Problem requirements »
Using only the records, tally the lines with "acyclic" in them and state that total by itself.

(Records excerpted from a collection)
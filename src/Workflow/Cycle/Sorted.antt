-- ===== src/Workflow/Cycle/Sorted.antt =====
-- Nodes in an order in which every edge into a node comes from an earlier one: no cycle meets them.
use qingzhou_ssh.Prelude.{
  ℕ, ◌≡◌, refl, sym, subst, true, false, List, [], ◌∷◌, arith, ◌==◌, ==_iff, Bool-cases, inl, inr,
}
use qingzhou_ssh.Workflow.Graph.{WorkflowEdge, is_member}
use qingzhou_ssh.Workflow.Graph.Reach.{Leads, Reaches, at_start, along}
use qingzhou_ssh.Workflow.Cycle.Counting.{is_member_cons}

-- The latest node comes first in the list.
abbrev pub IsSorted : List WorkflowEdge → List ℕ → Type 0
IsSorted edges [] = Unit
IsSorted edges (d ∷ ds) = ((a : ℕ) → Leads edges a d → is_member a ds ≡ true) × IsSorted edges ds

not_in_nil : (x : ℕ) → is_member x [] ≡ false
unfolding is_member
not_in_nil x = refl

Leads-back :
    (edges : List WorkflowEdge) (ds : List ℕ) (a b : ℕ)
    → IsSorted edges ds
    → Leads edges a b
    → is_member b ds ≡ true
    → is_member a ds ≡ true
Leads-back edges [] a b s l m = absurd (ground (arith, (rw (not_in_nil b) at m)))
Leads-back edges (d ∷ ds) a b s l m = elim (Bool-cases (d == b)) [
  | inl own ↦
      let before : is_member a ds ≡ true =
        s.0 a (subst (λ x. Leads edges a x) (sym ((==_iff d b).0 own)) l) in
      rw (is_member_cons a d ds) ground (arith, before)
  | inr other ↦
      let among : is_member b ds ≡ true = rw other at (rw (is_member_cons b d ds) at m) in
      let before = Leads-back edges ds a b s.1 l among in
      rw (is_member_cons a d ds) ground (arith, before)
]

Reaches-back :
    (edges : List WorkflowEdge) (ds : List ℕ) (b : ℕ) {a : ℕ}
    → IsSorted edges ds
    → Reaches edges b a
    → is_member a ds ≡ true
    → is_member b ds ≡ true
Reaches-back edges ds b s at_start m = m
Reaches-back edges ds b s (along r l) m =
    Reaches-back edges ds b s r (Leads-back edges ds _ _ s l m)

pub IsSorted-acyclic :
    (edges : List WorkflowEdge) (ds : List ℕ) (a b : ℕ)
    → IsSorted edges ds
    → is_member b ds ≡ true
    → Leads edges a b
    → ¬ (Reaches edges b a)
IsSorted-acyclic edges [] a b s m l r = absurd (ground (arith, (rw (not_in_nil b) at m)))
IsSorted-acyclic edges (d ∷ ds) a b s m l r = elim (Bool-cases (d == b)) [
  | inl own ↦
      let before : is_member a ds ≡ true =
        s.0 a (subst (λ x. Leads edges a x) (sym ((==_iff d b).0 own)) l) in
      IsSorted-acyclic edges ds a b s.1 (Reaches-back edges ds b s.1 r before) l r
  | inr other ↦
      IsSorted-acyclic edges ds a b s.1 (rw other at (rw (is_member_cons b d ds) at m)) l r
]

Answer box »
5